Patel R C, Stanton P, McMillan N M, Williams B R, Sen G C
Department of Molecular Biology, Cleveland Clinic Foundation, OH 44195, USA.
Proc Natl Acad Sci U S A. 1995 Aug 29;92(18):8283-7. doi: 10.1073/pnas.92.18.8283.
The interferon-inducible double-stranded (ds) RNA-activated protein kinase (PKR) exhibits antiviral, anticellular, and antitumor activities. The mechanisms of its enzymatic activation by autophosphorylation and of the observed transdominant inhibitory phenotype of enzymatically inactive mutants have invoked PKR dimerization. Here we present direct evidence in support of PKR-PKR interaction. We show that radiolabeled PKR can specifically interact with matrix-bound unlabeled PKR in the absence of dsRNA. The self-association activity resides, in part, in the N-terminal region of 170 residues, which also constitutes the dsRNA-binding domain (DRBD). DRBD can bind to matrix-bound PKR or to matrix-bound DRBD. Dimerization of DRBD was directly demonstrated by chemical crosslinking. Affinity chromatography and electrophoretic mobility supershift assays demonstrated that mutants that fail to bind dsRNA can still exhibit protein-protein interaction. The PKR-PKR interaction could also be observed in a two-hybrid transcriptional activation assay in mammalian cells and consequently is likely to be an important feature of PKR activity in vivo.

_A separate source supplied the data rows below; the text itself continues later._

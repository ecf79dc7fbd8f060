-- ===== src/Fmu/Trace.antt =====
-- The trace of codecs: NCodecTraceData, __log, __get_codec_config, trace_can_log, trace_pdu_log,
-- trace_configure, trace_destroy, ncodec_open, fmu_ncodec_open and fmu_ncodec_close of
-- dse/fmu/ncodec.c. The codec library is a parameter; the configuration of a codec is the list of
-- items that ncodec_stat gives. The static buffers of the log functions keep nothing between calls.
pub mod Dump
pub mod Configure
pub mod Quiet
pub mod Filter
pub mod Lines
pub mod Tests
use dse_fmi.Common.{
  ℕ, ◌-◌, ◌%◌, ◌^◌, Bool, true, false, Option, none, some, List, [], ◌∷◌, ◌++◌, map, foldl, length,
  take, Bytes, codes, str_eq, HashMap, hashmap_get, hashmap_set, ltb, leb, ◌==◌, if◌then◌else◌,
  ◌&&◌, ◌>>=◌,
}
use dse_fmi.Fmu.Instance.{FmuInstanceData, fmu_log, log_ok}
use dse_fmi.Fmu.Vref.{decimal}
use dse_fmi.Fmu.Trace.Dump.{dump}

pub record TraceData : Type 0 where
  pub model_inst_name : Bytes
  pub identifier : Bytes
  pub wildcard : Bool
  pub filter : HashMap Bool

-- NCodecConfigItem
pub record ConfigItem : Type 0 where
  pub name : Option Bytes
  pub value : Option Bytes

pub data TraceKind : Type 0 where
  can : TraceKind
  pdu : TraceKind

-- NCodecInstance: its configuration, the functions of its trace if installed, and `private`.
pub record NCodecInstance : Type 0 where
  pub config : List ConfigItem
  pub trace : Option TraceKind
  pub trace_data : Option TraceData

pub data Direction : Type 0 where
  rx : Direction
  tx : Direction

pub record CanMessage : Type 0 where
  pub frame_id : ℕ
  pub sender : List ℕ
  pub buffer : Bytes

pub data IpAddr : Type 0 where
  ip_v4 : IpAddr
  ip_v6 : IpAddr
  no_addr : IpAddr

pub data SoAd : Type 0 where
  do_ip : SoAd
  some_ip : SoAd
  no_so_ad : SoAd

pub data Transport : Type 0 where
  can_transport : Transport
  ip_transport : IpAddr → SoAd → Transport
  no_transport : Transport

pub record Pdu : Type 0 where
  pub id : ℕ
  pub swc_id : ℕ
  pub ecu_id : ℕ
  pub payload : Bytes
  pub transport : Transport

-- strtol, as 0 for a text of no positive number; toupper; printf("%d"); what printf makes of a NULL
-- text; the texts of the log lines from the format with the values that it names; and the text that
-- vsnprintf makes of a message that it is given as a format.
pub record TraceApi : Type 0 where
  pub strtol : Bytes → ℕ
  pub toupper : ℕ → ℕ
  pub int_text : ℕ → Bytes
  pub null_text : Bytes
  pub hex_id_text : ℕ → Bytes
  pub can_line : TraceData → Bytes → Direction → CanMessage → Bytes → Bytes
  pub pdu_line : TraceData → Bytes → Direction → Pdu → Bytes → Bytes
  pub detail_line : Bytes → Pdu → Bytes
  pub printed : Bytes → Bytes

-- A token that ends here, unless it is empty, and those that follow.
abbrev pub finish : Bytes → List Bytes → List Bytes
finish [] rest = rest
finish (c ∷ cs) rest = (c ∷ cs) ∷ rest

-- strtok_r by ",": the pieces between commas that are not empty.
unfoldable pub tokens_from : Bytes → Bytes → List Bytes
tokens_from token [] = finish token []
tokens_from token (c ∷ cs) =
    let ended = finish token (tokens_from [] cs) in
    let longer = tokens_from (token ++ c ∷ []) cs in if c == 44 then ended else longer

abbrev pub tokens : Bytes → List Bytes
tokens text = tokens_from [] text

abbrev pub named_item : Bytes → Option Bytes → Bool
named_item name none = false
named_item name (some n) = str_eq n name

unfoldable pub get_codec_config : List ConfigItem → Bytes → Option Bytes
get_codec_config [] name = none
get_codec_config (ci ∷ rest) name =
    if named_item name ci.name then ci.value else get_codec_config rest name

unfoldable pub is_logged : TraceData → ℕ → Bool
is_logged td id =
    if td.wildcard
    then true
    else elim (hashmap_get td.filter (take 19 (decimal id))) [ none ↦ false | some b ↦ true ]

module _ (api : TraceApi) where
  abbrev pub or_null : Option Bytes → Bytes
  or_null none = api.null_text
  or_null (some t) = t

  abbrev pub config_text : NCodecInstance → Bytes → Bytes
  config_text nc name = or_null (get_codec_config nc.config name)

  -- The message buffer has 1024 characters; the FMU gets the message if the trace is installed.
  unfoldable pub log : Option TraceData → FmuInstanceData → Bytes → FmuInstanceData
  log none fmu message = fmu
  log (some td) fmu message = fmu_log fmu log_ok (codes "Debug") (api.printed (take 1023 message))

  -- snprintf to NCT_ID_LEN characters, on the first call.
  abbrev pub set_identifier : TraceData → Bytes → TraceData
  set_identifier td text =
      if length td.identifier == 0 then record td { identifier = take 99 text } else td

  abbrev pub joined : List Bytes → Bytes
  joined [] = []
  joined (t ∷ []) = t
  joined (t ∷ u ∷ rest) = t ++ (58 ∷ joined (u ∷ rest))

  abbrev pub shown_identifier : TraceData → Direction → List ℕ → Bytes
  shown_identifier td rx sender = take 99 (joined (map api.int_text sender))
  shown_identifier td tx sender = td.identifier

  abbrev pub can_identified : NCodecInstance → TraceData → TraceData
  can_identified nc td = set_identifier td (
      joined (
        config_text nc (codes "bus_id")
        ∷ config_text nc (codes "node_id")
        ∷ config_text nc (codes "interface_id")
        ∷ []))

  abbrev pub can_text : TraceData → Direction → CanMessage → Bytes → Bytes
  can_text td direction msg text =
      api.can_line td (shown_identifier td direction msg.sender) direction msg text

  -- From the setup of the identifier on; the identifier is kept also when the message is filtered.
  unfoldable pub can_log_with :
      NCodecInstance
      → TraceData
      → FmuInstanceData
      → CanMessage
      → Direction
      → Option (NCodecInstance × FmuInstanceData)
  unfolding is_logged log dump
  can_log_with nc old fmu msg direction =
      let td = can_identified nc old in
      let identified : NCodecInstance = record nc { trace_data = some td } in
      if is_logged td msg.frame_id
      then (do
        text ← dump msg.buffer
        some (identified, log (some td) fmu (can_text td direction msg text)))
      else some (identified, fmu)

  -- `none` is a NULL trace, which the function does not test, or a loop that does not end.
  unfoldable pub trace_can_log :
      NCodecInstance
      → FmuInstanceData
      → CanMessage
      → Direction
      → Option (NCodecInstance × FmuInstanceData)
  unfolding can_log_with
  trace_can_log nc fmu msg direction = do td ← nc.trace_data; can_log_with nc td fmu msg direction

  abbrev pub address_lines : IpAddr → List Bytes
  address_lines ip_v4 = codes "    IP:    src_addr=%08x  dst_addr=%08x" ∷ []
  address_lines ip_v6 =
      codes "    IP:     src_addr=%04x:%04x:%04x:%04x:%04x:%04x:%04x:%04x"
      ∷ codes "    IP:     dst_addr=%04x:%04x:%04x:%04x:%04x:%04x:%04x:%04x"
      ∷ []
  address_lines no_addr = []

  abbrev pub adapter_lines : SoAd → List Bytes
  adapter_lines do_ip = codes "    DOIP:   protocol_version=%d  payload_type=%d" ∷ []
  adapter_lines some_ip =
      codes "    SOMEIP: protocol_version=%d  interface_version=%d"
      ∷ codes "    SOMEIP: request_id=%d  return_code=%d"
      ∷ codes "    SOMEIP: message_type=%d  message_id=%d  length=%d"
      ∷ []
  adapter_lines no_so_ad = []

  -- The formats of the lines that the transport of a PDU adds.
  unfoldable pub transport_lines : Transport → List Bytes
  transport_lines can_transport =
      codes "    CAN:    frame_format=%d  frame_type=%d  interface_id=%d  network_id=%d" ∷ []
  transport_lines (ip_transport addr so_ad) =
      codes "    ETH:    src_mac=%016lx  dst_mac=%016lx"
      ∷ codes "    ETH:    ethertype=%04x  tci_pcp=%02x  tci_dei=%02x  tci_vid=%04x"
      ∷ (address_lines addr
          ++ (codes "    IP:     src_port=%04x  dst_port=%04x  proto=%d" ∷ adapter_lines so_ad))
  transport_lines no_transport = []

  abbrev pub log_detail : TraceData → Pdu → FmuInstanceData → Bytes → FmuInstanceData
  log_detail td m fmu format = log (some td) fmu (api.detail_line format m)

  abbrev pub pdu_identified : NCodecInstance → TraceData → TraceData
  pdu_identified nc td =
      set_identifier td
        (joined (config_text nc (codes "swc_id") ∷ config_text nc (codes "ecu_id") ∷ []))

  abbrev pub pdu_text : TraceData → Direction → Pdu → Bytes → Bytes
  pdu_text td direction m text =
      api.pdu_line td (shown_identifier td direction (m.swc_id ∷ m.ecu_id ∷ [])) direction m text

  unfoldable pub pdu_log_with :
      NCodecInstance
      → TraceData
      → FmuInstanceData
      → Pdu
      → Direction
      → Option (NCodecInstance × FmuInstanceData)
  unfolding is_logged log transport_lines dump
  pdu_log_with nc old fmu m direction =
      let td = pdu_identified nc old in
      let identified : NCodecInstance = record nc { trace_data = some td } in
      if is_logged td m.id
      then (do
        text ← dump m.payload
        let logged : FmuInstanceData = log (some td) fmu (pdu_text td direction m text)
        some (identified, foldl (log_detail td m) logged (transport_lines m.transport)))
      else some (identified, fmu)

  unfoldable pub trace_pdu_log :
      NCodecInstance → FmuInstanceData → Pdu → Direction → Option (NCodecInstance × FmuInstanceData)
  unfolding pdu_log_with
  trace_pdu_log nc fmu m direction = do td ← nc.trace_data; pdu_log_with nc td fmu m direction
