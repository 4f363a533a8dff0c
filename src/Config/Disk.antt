-- ===== src/Config/Disk.antt =====
-- internal/config/config.go: `saveLocked`, as the states that the disk goes through. How each call of
-- package os ends is an argument.
use ctf_proxy_utils.Common.{
  ℕ, String, Bool, true, false, not, ◌&&◌, Option, none, some, List, [], ◌∷◌, ◌++◌, str_eq,
  if◌then◌else◌, take,
}

-- The contents of the files.
abbrev pub Files : Type 0
Files = String → Option (List ℕ)

abbrev pub put : String → Option (List ℕ) → Files → Files
put p b d q = if str_eq q p then b else d q

-- `encoded` is the result of the JSON encoder and `temp` the name of the temporary file; `written` is
-- none for a whole write and the bytes that an incomplete one left otherwise.
pub record Calls : Type 0 where
  pub encoded : Option (List ℕ)
  pub mkdir_ok : Bool
  pub temp : Option String
  pub written : Option ℕ
  pub chmod_ok : Bool
  pub sync_ok : Bool
  pub close_ok : Bool
  pub rename_ok : Bool
  pub remove_ok : Bool

-- The states before the last one, and the last one.
pub record Trace : Type 0 where
  pub seen : List Files
  pub now : Files

abbrev pub begin_trace : Files → Trace
begin_trace d = record { seen = []; now = d }

abbrev pub next : Files → Trace → Trace
next d t = record { seen = t.seen ++ t.now ∷ []; now = d }

-- The deferred removal.
unfoldable pub drop_temp : Calls → String → Trace → Trace
drop_temp c tmp t = if c.remove_ok then next (put tmp none t.now) t else t

abbrev pub rename : String → String → Files → Files
rename tmp path d = put tmp none (put path (d tmp) d)

-- After a whole write; the flag says whether Chmod, Sync, Close and Rename succeed.
unfoldable pub replace_file : Calls → String → String → Trace → Bool → Trace × Bool
unfolding drop_temp
replace_file c path tmp full true = (drop_temp c tmp (next (rename tmp path full.now) full), true)
replace_file c path tmp full false = (drop_temp c tmp full, false)

unfoldable pub fill_temp : Calls → String → String → List ℕ → Trace → Option ℕ → Trace × Bool
unfolding drop_temp replace_file
fill_temp c path tmp content created (some n) =
    (drop_temp c tmp (next (put tmp (some (take n content)) created.now) created), false)
fill_temp c path tmp content created none =
    replace_file c path tmp (next (put tmp (some content) created.now) created)
      (c.chmod_ok && c.sync_ok && c.close_ok && c.rename_ok)

-- From the temporary file on.
unfoldable pub write_temp : Calls → String → String → List ℕ → Files → Trace × Bool
unfolding fill_temp
write_temp c path tmp content d =
    fill_temp c path tmp content (next (put tmp (some []) d) (begin_trace d)) c.written

-- `saveLocked`; the last part is false for an error.
unfoldable pub save_locked : Calls → String → Files → Trace × Bool
unfolding write_temp
save_locked c path d = if str_eq path "" then (begin_trace d, true) else elim c.encoded [
  | none ↦ (begin_trace d, false)
  | some content ↦ if not c.mkdir_ok then (begin_trace d, false) else elim c.temp [
    | none ↦ (begin_trace d, false)
    | some tmp ↦ write_temp c path tmp (content ++ 10 ∷ []) d
  ]
]
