-- ===== src/Config.antt =====
-- internal/config/config.go: the stored configuration. JSON is left to the library: a file is decoded
-- by an argument.
pub mod Disk
pub mod Atomic
pub mod Valid
mod Tests
use ctf_proxy_utils.Common.{
  ℕ, zero, suc, ◌+◌, ◌-◌, ◌*◌, ◌/◌, ◌%◌, ◌^◌, ◌≤◌, ◌<◌, min, max, String, ◌≡◌, refl, sym, ap, subst,
  ◌∙◌, ◌≢◌, ◌↔◌, ◌⊎◌, inl, inr, Bool, true, false, not, ◌&&◌, ◌||◌, Option, none, some, List, [],
  ◌∷◌, ◌++◌, map, str_eq, eq_iff, arith, ltb, leb, ◌==◌, ==_iff, if◌then◌else◌, Bool-cases,
  Option-cases, length, take, drop, keep, All, get_elem?, is_empty, length-append, take-append-drop,
  length-take, length-drop, take_of_length-le, take-take, take-append, take-append_left,
  take-append_right, length-keep-le, All-append, All-map, All-both, All-keep, length-map, word64,
  add64, sub64, update, update_self, update_ne,
}
use ctf_proxy_utils.Common.Int.{ℤ, pos, pos_part}
use ctf_proxy_utils.Bytes.{Text}
use ctf_proxy_utils.Detect.Config.{
  DetectionConfig, default_detection_config, apply_defaults, validate, Checked, ok, err,
}
use ctf_proxy_utils.Spec.{RuleSpec}
use Disk.{Files, Calls, Trace, save_locked}

pub record WebConfig : Type 0 where
  pub addr : String
  pub token : String

pub record ScanDefaults : Type 0 where
  pub cidr : String
  pub ports : String
  pub timeout_ms : ℤ
  pub concurrency : ℤ
  pub fingerprint : Bool

pub record Stored : Type 0 where
  pub schema_version : ℤ
  pub web : WebConfig
  pub scan : ScanDefaults
  pub detection : DetectionConfig
  pub rules : List RuleSpec
  pub path : String

abbrev pub default_config : Stored
default_config = record {
  schema_version = pos 1;
  web = record { addr = "127.0.0.1:8420"; token = "" };
  scan = record {
    cidr = "";
    ports = "";
    timeout_ms = pos 500;
    concurrency = pos 256;
    fingerprint = true;
  };
  detection = default_detection_config;
  rules = [];
  path = "";
}

-- What reading the file gives.
pub data ReadFile : Type 0 where
  missing unreadable : ReadFile
  content : List ℕ → ReadFile

-- The checks of `Load` on what the decoder made of the file.
unfoldable pub check_loaded : Text → String → Stored → Option Stored
check_loaded text path c =
    let web =
      if str_eq c.web.addr "" then record c.web { addr = default_config.web.addr } else c.web in
    let version = if pos_part c.schema_version == 0 then pos 1 else c.schema_version in
    elim (validate text c.detection) [
      | err e ↦ none
      | ok u ↦ some (record c { web = web; schema_version = version; path = path })
    ]

-- `Load`; the decoder writes into the default configuration.
unfoldable pub load : Text → (List ℕ → Stored → Option Stored) → String → ReadFile → Option Stored
unfolding check_loaded
load text decode path missing = some (record default_config { path = path })
load text decode path unreadable = none
load text decode path (content b) =
    let start = record default_config { path = path } in
    if is_empty b
    then some start
    else elim (decode b start) [ none ↦ none | some c ↦ check_loaded text path c ]

-- A change and its save; the calls of package os depend on what is saved.
abbrev pub Saved : Type 0
Saved = Stored × Trace × Bool

abbrev pub save_stored : (Stored → Calls) → Files → Stored → Saved
save_stored calls d c = let (trace, fine) = save_locked (calls c) c.path d in (c, trace, fine)

unfoldable pub set_rules : (Stored → Calls) → Files → List RuleSpec → Stored → Saved
set_rules calls d rules c = save_stored calls d (record c { rules = rules })

unfoldable pub set_scan : (Stored → Calls) → Files → ScanDefaults → Stored → Saved
set_scan calls d scan c = save_stored calls d (record c { scan = scan })

-- None is a configuration that is not valid; then nothing is changed and nothing saved.
abbrev pub keep_detection :
    (Stored → Calls) → Files → DetectionConfig → Stored → Checked (Unit {0}) → Option Saved
keep_detection calls d detection c (err e) = none
keep_detection calls d detection c (ok u) =
    some (save_stored calls d (record c { detection = apply_defaults detection }))

unfoldable pub set_detection :
    Text → (Stored → Calls) → Files → DetectionConfig → Stored → Option Saved
set_detection text calls d detection c =
    keep_detection calls d detection c (validate text detection)

pub record Profile : Type 0 where
  pub version : ℤ
  pub name : String
  pub profile_scan : ScanDefaults
  pub profile_detection : DetectionConfig
  pub profile_rules : List RuleSpec

abbrev pub profile_snapshot : String → Stored → Profile
profile_snapshot name c = record {
  version = c.schema_version;
  name = name;
  profile_scan = c.scan;
  profile_detection = c.detection;
  profile_rules = c.rules;
}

干扰素诱导的双链(ds)RNA激活蛋白激酶(PKR)具有抗病毒、抗细胞和抗肿瘤活性。其通过自身磷酸化进行酶促激活的机制以及酶无活性突变体所观察到的显性负抑制表型引发了PKR二聚化的观点。在此,我们提供直接证据支持PKR-PKR相互作用。我们表明,在不存在dsRNA的情况下,放射性标记的PKR能与基质结合的未标记PKR特异性相互作用。自我缔合活性部分存在于170个残基的N端区域,该区域也构成双链RNA结合结构域(DRBD)。DRBD能与基质结合的PKR或基质结合的DRBD结合。通过化学交联直接证明了DRBD的二聚化。亲和层析和电泳迁移超迁移分析表明,无法结合dsRNA的突变体仍可表现出蛋白质-蛋白质相互作用。在哺乳动物细胞的双杂交转录激活分析中也能观察到PKR-PKR相互作用,因此这很可能是PKR在体内活性的一个重要特征。